VPR’s Bob Kinzel has more.

(Kinzel) Sara Gear Boyd grew up in Burlington and graduated from UVM. She was elected to the first of four terms in the Vermont House in 1984 and between 1989 and 1992 she served as Republican majority leader.

In November of 1992, she was elected to the Senate and in 1994, her Republican colleagues selected her as the majority leader of that body.

Property tax reform and controlling the cost of education were two of her top priorities during the 1994 session.

(Boyd) "People are screaming about their local property taxes and their local property tax rates and I want to be sure that they do not rise rapidly in the next few years after we put an extra $50 million into expenditures from the state."

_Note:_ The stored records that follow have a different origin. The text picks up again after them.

-- ===== src/Watchman/Tests.antt =====
-- A supervisor that gives up after two restarts, and the theorems at it.
use knarr.Prelude.{
  ℕ, ◌+◌, ◌<◌, ◌≡◌, refl, true, false, some, List, [], ◌∷◌, All, arith, leb, length,
}
use knarr.Watchman.Defs
use knarr.Watchman.Defs.{
  Settings, Supervisor, World, Reachable, started, later, alive, exited, watching, crashes,
  node_exits, after_crash, after_probe, spawn, begin_restart, start,
}
use knarr.Watchman.Reach.{IsSound, Reachable-IsSound}
use knarr.Watchman.Crashes.{crash_run, crash_run-gives_up}
use knarr.Watchman.Health.{restart-kills_again}

abbrev settings : Settings
settings = record {
  max_restarts = 2;
  initial_backoff = 2;
  max_backoff = 120;
  backoff_reset_uptime = 300;
  health_fail_threshold = 3;
}

abbrev crashed : Supervisor
crashed = record (start 10) { proc = some exited }

start-alive : (start 10).proc ≡ some alive
start-alive = unfold start in unfold spawn in refl

start-serves : (start 10).shutdown_requested ≡ false
start-serves = unfold start in unfold spawn in refl

crashed-Reachable : Reachable settings (after_crash settings 15 crashed)
crashed-Reachable =
    later (later (started 10) (node_exits start-alive)) (crashes 15 refl start-serves)

Reachable-IsSound_example :
    IsSound settings
      (after_crash settings 15 crashed).supervisor
      (after_crash settings 15 crashed).monitor
Reachable-IsSound_example =
    Reachable-IsSound settings (after_crash settings 15 crashed) crashed-Reachable

abbrev uptimes : List ℕ
uptimes = 5 ∷ 0 ∷ 299 ∷ []

uptimes-All : All (λ uptime. uptime < 300) uptimes
uptimes-All = (omega arith, (omega arith, (omega arith, tt)))

crash_run-gives_up_example :
    (crash_run settings uptimes (start 10)).running ≡ leb (length uptimes) 2
crash_run-gives_up_example = crash_run-gives_up settings 10 uptimes uptimes-All

abbrev ailing : Supervisor
ailing = record {
  proc = some alive;
  start_time = 10;
  restart_count = 0;
  consecutive_health_fails = 2;
  running = true;
  shutdown_requested = false;
}

begins : (begin_restart settings 60 (after_probe settings false ailing)).1 ≡ some 2
unfolding begin_restart Defs.next_count Defs.backoff after_probe Defs.kill
begins = refl

restart-kills_again_example :
    let killed = after_probe settings false ailing in
    let restarted = spawn 70 (begin_restart settings 60 killed).0 in
    (killed.proc ≡ some exited)
    × (restarted.proc ≡ some alive)
    × (restarted.consecutive_health_fails ≡ 2 + 1)
    × ((after_probe settings false restarted).proc ≡ some exited)
restart-kills_again_example = restart-kills_again settings 60 70 2 ailing refl (omega arith) begins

(Kinzel) Governor Jim Douglas says Gear Boyd had a political style that was well suited to the Vermont Legislature.

 

(Douglas) "Sara was highly respected across the political aisle. She’s the only woman in the history of our country to serve as majority leader of both the House and Senate in the state legislature. She was always a mainstream, common sense Vermonter, always upbeat, always with a smile on her face."

 

(Kinzel) Former Lieutenant Governor and state senator Barbara Snelling remembers Gear Boyd as a determined lawmaker.

 

(Snelling) "She just did what had to be done. I don’t think she was looking for notoriety of being a trailblazer. I think she was living out her beliefs and following them."

 

(Kinzel) Former House Speaker Walter Freed says Gear Boyd gave him some important advice about being a legislative leader.

(Freed) "If the caucus is, three-quarters of them, are squarely beyond one issue but it doesn’t fit well to your district, then you’re still charged with being the leader of that caucus and carrying that message forward. And at times that can be tough going, but that’s the responsibility that you accepted."

(Kinzel) Gear Boyd also served in several positions for the Republican National Committee. She was co-chair of the 1996 convention and recently served as the secretary of the RNC.

Former GOP state chairman Jack Lindley attended many national meetings with her.

 

(Lindley) "She had this great ability to charm people into understanding and listening to her side… and so she carried that on to the national committee and was a very effective spokesman for Vermont."

(Kinzel) Governor Douglas says as secretary of the RNC, Gear Boyd was scheduled to have an important role at the party’s national convention this summer.

 

(Douglas) "We all were looking forward to her calling the role of the states at the convention this fall. Sadly that won’t occur, but we all are grateful as Republicans, as Vermonters for her dedicated service."

 

For VPR News I’m Bob Kinzel in Montpelier.